Lignin peroxidase activity with substrate n-propanol was observed at a broad range of temperature from 10 to 90 °C signifying its excellent thermostability. The optimum temperature for AgNP synthesis using bacterial SE extract was 70 °C (Singh et al. 2013). In view of these facts, it is clear that the purified enzyme possess the ability to catalyze the reactions at high temperature and can be one of the proteins involved in AgNP synthesis from silver ions. Similar broad range temperature stability has been reported for lignin peroxidase enzymes purified from A. calcoaceticus NCIM 2890 (Ghodake et al. 2009) and B. laterosporus MTCC 2298 (Gomare et al. 2008). However, in contrary to our results, Kalyani et al. (2011) showed the maximum peroxidase activity at 40 °C, which reduced drastically at temperature above 40 °C. Fungal lignin peroxidases exhibit temperature optimum in the range of 23–25 °C (Wang et al. 2008). In accordance with our study, magnesium sulfate and ammonium nitrate has been reported to act as lignin peroxidase activator and inhibitor, respectively (Kalyani et al. 2011). Manganese ions have also been reported to enhance the production of lignin peroxidase in Phanerochaete chrysosporium (Wang et al. 2008). Microbial peroxidases have wide substrate specificity and can easily interact with hydroxyl and methoxy-substituted phenols (Kim and Shoda 1999; Yang et al. 2005). Lignin peroxidase from P. chrysosporium showed maximum activity with ferrocyanide followed by N,N-dimethyl-1,4-phenylenediamine, anisyl alcohol, veratryl alcohol and guaiacol (Glumoff et al. 1990). Purified lignin peroxidase, in our study, also exhibited broad substrate specificity. However, the results are contradictory where we obtained higher activity with guaiacol than veratryl alcohol. It is well documented that lignin peroxidase in fungi degrades lignin with involvement of veratryl alcohol, which is a secondary metabolite and acts as a cofactor for the enzyme (Wang et al. 2008).
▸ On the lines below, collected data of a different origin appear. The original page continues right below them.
-- ===== src/SaleAdmin/Kept/Calls.antt =====
-- The calls of the administrator.
use flux_kart.Prelude.{
  ℕ, ◌≡◌, refl, sym, ◌⊎◌, Bool, true, false, inl, inr, arith, leb, ◌||◌, count_where, Bool-cases,
  Option-cases,
}
use mathlib.Core.Path.{subst}
use flux_kart.Prelude.Int.{ℤ, pos, ◌+ℤ◌, ltb_ℤ, pos_part}
use flux_kart.Redis.{KeyStore, ExpiringStore, SortedSets}
use flux_kart.Inventory.{Hold}
use flux_kart.Db.{Database, Outcome-cases, is_active_sale}
use flux_kart.Db.Inventory.{update_inventory}
use flux_kart.Db.Sales.{
  SaleData, get_sale_by_id, update_sale_status, create_sale, admin_update_sale, admin_delete_sale,
  with_total,
}
use flux_kart.SaleAdmin.{
  Answer, Shop, is_completed, admin_create_sale, edit_sale, delete_sale, activate_sale, pause_sale,
  resume_sale, complete_sale, adjust_inventory,
}
use flux_kart.SaleAdmin.Lifecycle.Calls.{
  AdminCall, create_call, edit_call, delete_call, complete_call, pause_call, resume_call,
  activate_call, adjust_call, handle,
}
use flux_kart.SaleAdmin.Kept.{
  create_sale-IsSound, admin_update_sale-IsSound, admin_delete_sale-IsSound,
}
use flux_kart.System.{IsSound}
use flux_kart.System.Tables.{SameTables, SameTables-IsSound, update_inventory-IsSound, of_sale}

module _ (C : KeyStore ℕ ℤ) (H : ExpiringStore ℕ Hold) (Q : SortedSets ℕ ℕ) where
  -- A call that ends with the tables it found.
  idle :
      (w : Shop C H Q) (out : Answer × Shop C H Q)
      → IsSound w.db
      → out.1.db ≡ w.db
      → IsSound out.1.db
  idle w out h e = subst IsSound (sym e) h

  pause-SameTables : (s : ℕ) (w : Shop C H Q) → SameTables w.db (pause_sale C H Q s w).1.db
  unfolding pause_sale update_sale_status
  pause-SameTables s w = record {
    inventory = ground arith;
    reservations = ground arith;
    orders = ground arith;
  }

  resume-SameTables : (s : ℕ) (w : Shop C H Q) → SameTables w.db (resume_sale C H Q s w).1.db
  unfolding resume_sale update_sale_status
  resume-SameTables s w = record {
    inventory = ground arith;
    reservations = ground arith;
    orders = ground arith;
  }

  activate-SameTables :
      (redis_up : Bool) (now s : ℕ) (w : Shop C H Q)
      → SameTables w.db (activate_sale C H Q redis_up now s w).1.db
  unfolding activate_sale update_sale_status
  activate-SameTables redis_up now s w = record {
    inventory = ground arith;
    reservations = ground arith;
    orders = ground arith;
  }

  complete-SameTables :
      (redis_up : Bool) (s : ℕ) (w : Shop C H Q)
      → SameTables w.db (complete_sale C H Q redis_up s w).1.db
  unfolding complete_sale update_sale_status
  complete-SameTables true s w = record {
    inventory = ground arith;
    reservations = ground arith;
    orders = ground arith;
  }
  complete-SameTables false s w = record {
    inventory = ground arith;
    reservations = ground arith;
    orders = ground arith;
  }

  delete-IsSound :
      (redis_up : Bool) (s : ℕ) (w : Shop C H Q)
      → IsSound w.db
      → IsSound (delete_sale C H Q redis_up s w).1.db
  delete-IsSound redis_up s w h = through (ends redis_up)
    where
      ends :
          (redis_up : Bool)
          → ((delete_sale C H Q redis_up s w).1.db ≡ w.db)
            ⊎ ((delete_sale C H Q redis_up s w).1.db ≡ (admin_delete_sale s w.db).1)
      ends true =
          unfold delete_sale in
          elim (Option-cases (get_sale_by_id s w.db)) [
            | inl missing ↦ inl (ground arith)
            | inr ((sale, i), there) ↦ elim (Bool-cases (is_active_sale sale.status)) [
              | inl runs ↦ inl (ground arith)
              | inr idle ↦ inr (ground arith)
            ]
          ]
      ends false =
          unfold delete_sale in
          elim (Option-cases (get_sale_by_id s w.db)) [
            | inl missing ↦ inl (ground arith)
            | inr ((sale, i), there) ↦ elim (Bool-cases (is_active_sale sale.status)) [
              | inl runs ↦ inl (ground arith)
              | inr idle ↦ inr (ground arith)
            ]
          ]

      through :
          ((delete_sale C H Q redis_up s w).1.db ≡ w.db)
            ⊎ ((delete_sale C H Q redis_up s w).1.db ≡ (admin_delete_sale s w.db).1)
          → IsSound (delete_sale C H Q redis_up s w).1.db
      through (inl e) = idle w (delete_sale C H Q redis_up s w) h e
      through (inr e) = subst IsSound (sym e) (admin_delete_sale-IsSound s w.db h)

  adjust-IsSound :
      (redis_up : Bool) (s : ℕ) (a : ℤ) (w : Shop C H Q)
      → IsSound w.db
      → IsSound (adjust_inventory C H Q redis_up s a w).1.db
  unfolding adjust_inventory
  adjust-IsSound redis_up s a w h =
      let out = adjust_inventory C H Q redis_up s a w in
      elim (Option-cases (get_sale_by_id s w.db)) [
        | inl missing ↦ idle w out h (ground (arith, missing))
        | inr ((sale, i), there) ↦
            let total = pos i.total_quantity +ℤ a in
            elim (Bool-cases (ltb_ℤ total (pos 0))) [
              | inl below ↦ idle w out h (ground (arith, there, below))
              | inr fine ↦
                  elim (Outcome-cases (update_inventory s (with_total (pos_part total)) w.db)) [
                    | inl fails ↦ idle w out h (ground (arith, there, fine, fails))
                    | inr (db, e) ↦
                        let gone : db ≡ out.1.db = ground (arith, there, fine, e) in
                        subst IsSound gone (
                          update_inventory-IsSound s (with_total (pos_part total)) w.db db
                            (λ i. refl) (λ i. refl) e h)
                  ]
            ]
      ]

  edit-IsSound :
      (redis_up : Bool) (s : ℕ) (d : SaleData) (w : Shop C H Q)
      → IsSound w.db
      → IsSound (edit_sale C H Q redis_up s d w).1.db
  unfolding edit_sale
  edit-IsSound redis_up s d w h =
      let out = edit_sale C H Q redis_up s d w in
      elim (Option-cases (get_sale_by_id s w.db)) [
        | inl missing ↦ idle w out h (ground (arith, missing))
        | inr ((sale, i), there) ↦
            elim (Bool-cases (is_completed sale.status || leb d.original_price d.sale_price)) [
              | inl bad ↦ idle w out h (ground (arith, there, bad))
              | inr fine ↦ elim (Outcome-cases (admin_update_sale s d w.db)) [
                | inl fails ↦ idle w out h (ground (arith, there, fine, fails))
                | inr (db, e) ↦
                    let gone : db ≡ out.1.db = ground (arith, there, fine, e) in
                    subst IsSound gone (admin_update_sale-IsSound s d w.db db e h)
              ]
            ]
      ]

  create-IsSound :
      (redis_up : Bool) (now id : ℕ) (d : SaleData) (w : Shop C H Q)
      → count_where (of_sale id) w.db.orders ≡ 0
      → IsSound w.db
      → IsSound (admin_create_sale C H Q redis_up now id d w).1.db
  unfolding admin_create_sale
  create-IsSound redis_up now id d w fresh h =
      let out = admin_create_sale C H Q redis_up now id d w in
      elim (Bool-cases (leb d.original_price d.sale_price || leb d.ends_at d.starts_at)) [
        | inl bad ↦ idle w out h (ground (arith, bad))
        | inr fine ↦ elim (Outcome-cases (create_sale id d w.db)) [
          | inl fails ↦ idle w out h (ground (arith, fine, fails))
          | inr (db, e) ↦
              SameTables-IsSound db out.1.db
                (unfold update_sale_status in
                  record {
                    inventory = ground (arith, fine, e);
                    reservations = ground (arith, fine, e);
                    orders = ground (arith, fine, e);
                  })
                (create_sale-IsSound id d w.db db fresh e h)
        ]
      ]

  -- The id of a sale that a call creates is new to the orders.
  abbrev pub IsFresh : AdminCall → Database → Type 0
  IsFresh (create_call now id d) db = count_where (of_sale id) db.orders ≡ 0
  IsFresh call db = Unit

  pub handle-IsSound :
      (redis_up : Bool) (call : AdminCall) (w : Shop C H Q)
      → IsFresh call w.db
      → IsSound w.db
      → IsSound (handle C H Q redis_up call w).1.db
  unfolding handle
  handle-IsSound redis_up (create_call now id d) w fresh h =
      create-IsSound redis_up now id d w fresh h
  handle-IsSound redis_up (edit_call s d) w fresh h = edit-IsSound redis_up s d w h
  handle-IsSound redis_up (delete_call s) w fresh h = delete-IsSound redis_up s w h
  handle-IsSound redis_up (adjust_call s a) w fresh h = adjust-IsSound redis_up s a w h
  handle-IsSound redis_up (activate_call now s) w fresh h =
      SameTables-IsSound w.db (activate_sale C H Q redis_up now s w).1.db
        (activate-SameTables redis_up now s w) h
  handle-IsSound redis_up (pause_call s) w fresh h =
      SameTables-IsSound w.db (pause_sale C H Q s w).1.db (pause-SameTables s w) h
  handle-IsSound redis_up (resume_call s) w fresh h =
      SameTables-IsSound w.db (resume_sale C H Q s w).1.db (resume-SameTables s w) h
  handle-IsSound redis_up (complete_call s) w fresh h =
      SameTables-IsSound w.db (complete_sale C H Q redis_up s w).1.db
        (complete-SameTables redis_up s w) h
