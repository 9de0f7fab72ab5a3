-- ===== src/SalesRouter/Kept.antt =====
-- What the calls of backend/app/routers/sales.py keep of the tables of orders and stock.
use flux_kart.Prelude.{ℕ, ◌≡◌, Bool, true, false, some, inl, inr, arith, count_where}
use mathlib.Core.Path.{subst}
use flux_kart.Prelude.Int.{ℤ}
use flux_kart.Redis.{KeyStore, ExpiringStore, SortedSets}
use flux_kart.Inventory.{Hold}
use flux_kart.Db.{SaleStatus, Outcome-cases}
use flux_kart.Db.Sales.{SaleData, update_sale_status, create_sale}
use flux_kart.SaleAdmin.{Shop}
use flux_kart.SaleAdmin.Kept.{create_sale-IsSound}
use flux_kart.SalesRouter.{post_sale, patch_sale_status}
use flux_kart.System.{IsSound}
use flux_kart.System.Tables.{SameTables, SameTables-IsSound, of_sale}

module _ (C : KeyStore ℕ ℤ) (H : ExpiringStore ℕ Hold) (Q : SortedSets ℕ ℕ) where
  pub post_sale-IsSound :
      (redis_up : Bool) (id : ℕ) (d : SaleData) (w : Shop C H Q)
      → count_where (of_sale id) w.db.orders ≡ 0
      → IsSound w.db
      → IsSound (post_sale C H Q redis_up id d w).1.db
  unfolding post_sale
  post_sale-IsSound true id d w fresh h = elim (Outcome-cases (create_sale id d w.db)) [
    | inl fails ↦
        let same : w.db ≡ (post_sale C H Q true id d w).1.db = ground (arith, fails) in
        subst IsSound same h
    | inr (db, e) ↦
        let same : db ≡ (post_sale C H Q true id d w).1.db = ground (arith, e) in
        subst IsSound same (create_sale-IsSound id d w.db db fresh e h)
  ]
  post_sale-IsSound false id d w fresh h = elim (Outcome-cases (create_sale id d w.db)) [
    | inl fails ↦
        let same : w.db ≡ (post_sale C H Q false id d w).1.db = ground (arith, fails) in
        subst IsSound same h
    | inr (db, e) ↦
        let same : db ≡ (post_sale C H Q false id d w).1.db = ground (arith, e) in
        subst IsSound same (create_sale-IsSound id d w.db db fresh e h)
  ]

  patch-SameTables :
      (redis_up : Bool) (s : ℕ) (t : SaleStatus) (w : Shop C H Q)
      → SameTables w.db (patch_sale_status C H Q redis_up s (some t) w).1.db
  unfolding patch_sale_status update_sale_status
  patch-SameTables true s t w = record {
    inventory = ground arith;
    reservations = ground arith;
    orders = ground arith;
  }
  patch-SameTables false s t w = record {
    inventory = ground arith;
    reservations = ground arith;
    orders = ground arith;
  }

  pub patch_sale_status-IsSound :
      (redis_up : Bool) (s : ℕ) (t : SaleStatus) (w : Shop C H Q)
      → IsSound w.db
      → IsSound (patch_sale_status C H Q redis_up s (some t) w).1.db
  patch_sale_status-IsSound redis_up s t w h =
      SameTables-IsSound w.db (patch_sale_status C H Q redis_up s (some t) w).1.db
        (patch-SameTables redis_up s t w) h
To summarize, we have purified lignin peroxidase from SE extract of Acinetobacter sp. and demonstrated its the involvement in synthesis of extracellular polydispersed spherical AgNP of ~ 50 nm. The purified enzyme is a 99 kDa protein consisting of two dimers and showed the optimum pH and temperature activity at 2 and 60 °C with n-propanol as the favored substrate. Moreover, magnesium sulfate and silver nitrate act as activators of the enzyme while ammonium salts inhibited its activity. It is important to note that SE extract contains numerous organic molecules, which can act to reduce silver ions to AgNPs and lignin peroxidase is one of them. This explains the variation in size and dispersion observed during synthesis using SE extract and purified enzyme. Further characterization and sequencing of the purified lignin peroxidase should be done by mass spectrometry, which can be used for in silico studies. This study further enables designing rational strategy for enzymatic approach of rapid and effective nanoparticle synthesis with novel morphologies, surface properties and unique functions.